Much of the psychology and emotions of his works, however, did pull from his time on the battlefield, most notably with the Dead Marshes. In the second volume (and film) The Two Towers, the ghoulish Gollum lead the protagonist, Frodo Baggins, through a swamp full of bloated bodies under the mud and water.
Tolkien’s biography, The Letters of J.R.R. Tolkien, explained that what Frodo experienced in the Marsh was specifically based on the Battle of the Somme where Tolkien saw countless bodies across the muddy battlefield.
Themes were also pulled from his leadership and the bravery of his men. Tolkien studied at Oxford and lead men from mining, milling, and weaving towns of Lancashire. In another biography, Tolkien and the Great War, Tolkien said he “felt an affinity for these working class men, but military protocol forbade him from developing friendships with ‘other ranks’.” This man-apart thematically affected many of the characters in his novels.
One of the largest changes from the novel to any film adaptation is the “Scouring of the Shire” and the mindset of Frodo after the war. In the final chapters of the last book, Saruman attacked the Shire and all of the townspeople had to defend their home.

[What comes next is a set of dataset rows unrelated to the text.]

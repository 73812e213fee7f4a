-- ===== src/Smtp/Regex/Address.antt =====
-- The grammar of mailboxes, and that the matcher of server/src/smtp.c decides it.
use iu7_pvs_cp.Base.{
  ℕ, Bool, true, false, [], ◌∷◌, ◌++◌, Option, none, some, ◌==◌, ◌≡◌, refl, ap, sym, subst, ◌∙◌,
  arith, Bytes, Bool-cases, inl, inr, append_assoc, append-nil,
}
use iu7_pvs_cp.Smtp.Regex.{is_atom_char, push, match_domain, expect, match_mail, ◌>>=◌}

-- One or more letters, digits, backslashes and hyphens.
pub data IsAtom : Bytes → Type 0 where
  single : (c : ℕ) → is_atom_char c ≡ true → IsAtom (c ∷ [])
  cons : (c : ℕ) {cs : Bytes} → is_atom_char c ≡ true → IsAtom cs → IsAtom (c ∷ cs)

-- Atoms with dots between them.
pub data IsDomain : Bytes → Type 0 where
  atom : {a : Bytes} → IsAtom a → IsDomain a
  dotted : {a d : Bytes} → IsAtom a → IsDomain d → IsDomain (a ++ b'.' ∷ d)

pub record IsMail (m : Bytes) : Type 0 where
  pub local : Bytes
  pub domain : Bytes
  pub local_domain : IsDomain local
  pub domain_domain : IsDomain domain
  pub whole : m ≡ local ++ b'@' ∷ domain

IsDomain-cons : {d : Bytes} (c : ℕ) → is_atom_char c ≡ true → IsDomain d → IsDomain (c ∷ d)
IsDomain-cons c h (atom a) = atom (cons c h a)
IsDomain-cons c h (dotted a d) = dotted (cons c h a) d

-- What the flag of `match_domain` promises of the part that is matched.
abbrev Continues : Bool → Bytes → Type 0
Continues false d = IsDomain d
Continues true d = (c : ℕ) → is_atom_char c ≡ true → IsDomain (c ∷ d)

abbrev Matched : Bool → Bytes → Option (Bytes × Bytes) → Type 0
Matched begun s none = Unit {0}
Matched begun s (some m) = Continues begun m.0 × (s ≡ m.0 ++ m.1)

Matched-atom :
    (begun : Bool) (c : ℕ) (cs : Bytes) (m : Option (Bytes × Bytes))
    → is_atom_char c ≡ true
    → Matched true cs m
    → Matched begun (c ∷ cs) (push c m)
Matched-atom begun c cs none h t = tt
Matched-atom false c cs (some m) h t = (t.0 c h, ap (◌∷◌ c) t.1)
Matched-atom true c cs (some m) h t = ((λ b k. IsDomain-cons b k (t.0 c h)), ap (◌∷◌ c) t.1)

Matched-dot :
    (cs : Bytes) (m : Option (Bytes × Bytes))
    → Matched false cs m
    → Matched true (b'.' ∷ cs) (push b'.' m)
Matched-dot cs none t = tt
Matched-dot cs (some m) t = ((λ b k. dotted (single b k) t.0), ap (◌∷◌ b'.') t.1)

match_domain-Matched : (begun : Bool) (s : Bytes) → Matched begun s (match_domain begun s)
unfolding match_domain
match_domain-Matched false [] = tt
match_domain-Matched true [] = ((λ c h. atom (single c h)), refl)
match_domain-Matched false (c ∷ cs) = elim (Bool-cases (is_atom_char c)) [
  | inl e ↦ rw e (Matched-atom false c cs _ e (match_domain-Matched true cs))
  | inr e ↦ rw e tt
]
match_domain-Matched true (c ∷ cs) = elim (Bool-cases (is_atom_char c)) [
  | inl e ↦ rw e (Matched-atom true c cs _ e (match_domain-Matched true cs))
  | inr e ↦ rw e (elim (Bool-cases (c == b'.')) [
    | inl dot ↦ rw dot (
        subst (λ b. Matched true (b ∷ cs) (push b (match_domain false cs))) (sym (is_dot c dot))
          (Matched-dot cs _ (match_domain-Matched false cs)))
    | inr other ↦ rw other ((λ b h. atom (single b h)), refl)
  ])
]
  where
    is_dot : (c : ℕ) → (c == b'.') ≡ true → c ≡ b'.'
    is_dot c h = ground arith

pub expect_sound : (c : ℕ) (s : Bytes) {r : Bytes} → expect c s ≡ some r → s ≡ c ∷ r
unfolding expect
expect_sound c [] h = absurd (cc)
expect_sound c (d ∷ s) h = ground arith

pub bind-eq-some {ℓ κ} :
    {A : Type ℓ} {B : Type κ} (o : Option A) (f : A → Option B) {b : B}
    → (o >>= f) ≡ some b
    → (a : A) × (o ≡ some a) × (f a ≡ some b)
bind-eq-some none f h = absurd (cc)
bind-eq-some (some a) f h = (a, refl, h)

match_domain_sound :
    (s : Bytes) (m : Bytes × Bytes)
    → match_domain false s ≡ some m
    → IsDomain m.0 × (s ≡ m.0 ++ m.1)
match_domain_sound s m e = subst (Matched false s) e (match_domain-Matched false s)

-- What the expression of mailboxes matches is a mailbox at the front of the string.
pub match_mail_sound :
    (s : Bytes) (p : Bytes × Bytes) → match_mail s ≡ some p → IsMail p.0 × (s ≡ p.0 ++ p.1)
unfolding match_mail
match_mail_sound s p h =
    let (l, el, h1) = bind-eq-some (match_domain false s) _ h in
    let (t, et, h2) = bind-eq-some (expect b'@' l.1) _ h1 in
    let (d, ed, h3) = bind-eq-some (match_domain false t) _ h2 in
    let kl = match_domain_sound s l el in
    let kd = match_domain_sound t d ed in
    let e : (l.0 ++ b'@' ∷ d.0, d.1) ≡ p = cc h3 in
    rw (← e) (
      record { local = l.0; domain = d.0; local_domain = kl.0; domain_domain = kd.0; whole = refl },
      kl.1
          ∙ ap (◌++◌ l.0) (expect_sound b'@' l.1 et ∙ ap (◌∷◌ b'@') kd.1)
          ∙ sym (append_assoc l.0 (b'@' ∷ d.0) d.1),
    )

-- No byte at the front that a domain could go on with.
abbrev pub Stops : Bytes → Type 0
Stops [] = Unit {0}
Stops (c ∷ cs) = (is_atom_char c ≡ false) × ((c == b'.') ≡ false)

match_domain-atom :
    (begun : Bool) (c : ℕ) (cs : Bytes)
    → is_atom_char c ≡ true
    → match_domain begun (c ∷ cs) ≡ push c (match_domain true cs)
unfolding match_domain
match_domain-atom begun c cs h = rw h

match_domain-dot : (cs : Bytes) → match_domain true (b'.' ∷ cs) ≡ push b'.' (match_domain false cs)
unfolding match_domain is_atom_char
match_domain-dot cs = refl

match_domain-Stops : (r : Bytes) → Stops r → match_domain true r ≡ some ([], r)
unfolding match_domain
match_domain-Stops [] h = refl
match_domain-Stops (c ∷ cs) h = rw (h.0, h.1)

match_domain-IsAtom :
    {a : Bytes} (begun : Bool) (r : Bytes) {d t : Bytes}
    → IsAtom a
    → match_domain true r ≡ some (d, t)
    → match_domain begun (a ++ r) ≡ some (a ++ d, t)
match_domain-IsAtom begun r (single c h) e = match_domain-atom begun c r h ∙ ap (push c) e
match_domain-IsAtom begun r (cons c {cs} h a) e =
    match_domain-atom begun c (cs ++ r) h ∙ ap (push c) (match_domain-IsAtom true r a e)

match_domain_complete :
    {d : Bytes} (r : Bytes) → IsDomain d → Stops r → match_domain false (d ++ r) ≡ some (d, r)
match_domain_complete r (atom {a} k) h =
    match_domain-IsAtom false r k (match_domain-Stops r h) ∙ ap (λ x. some (x, r)) (append-nil a)
match_domain_complete r (dotted {a} {d} k t) h =
    ap (match_domain false) (append_assoc a (b'.' ∷ d) r)
    ∙ match_domain-IsAtom false (b'.' ∷ (d ++ r)) k
        (match_domain-dot (d ++ r) ∙ ap (push b'.') (match_domain_complete r t h))

-- A mailbox before a byte that no mailbox holds is matched as a whole.
pub match_mail_complete :
    {m : Bytes} (r : Bytes) → IsMail m → Stops r → match_mail (m ++ r) ≡ some (m, r)
unfolding match_mail expect
match_mail_complete r k h =
    let l = k.local in
    let d = k.domain in
    let first : match_domain false (l ++ (b'@' ∷ (d ++ r))) ≡ some (l, b'@' ∷ (d ++ r)) =
      match_domain_complete (b'@' ∷ (d ++ r)) k.local_domain (refl, refl) in
    let second = match_domain_complete r k.domain_domain h in
    rw (k.whole) (rw append_assoc (rw first (rw second refl)))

Afterward, Frodo was left alone.
War changed him. Frodo couldn’t just return to being a happy, singing Hobbit like everyone else after the war. He’d been stabbed, poisoned, and lost a finger. Frodo, like Tolkien himself, had become “shell-shocked” after combat.
The forward of the 1991 release of The Lord of the Rings added another Tolkien quote: “The country in which I lived in childhood was being shabbily destroyed before I was ten. Recently I saw in a paper a picture of the last decrepitude of the once thriving corn-mill beside its pool that long ago seemed to me so important.”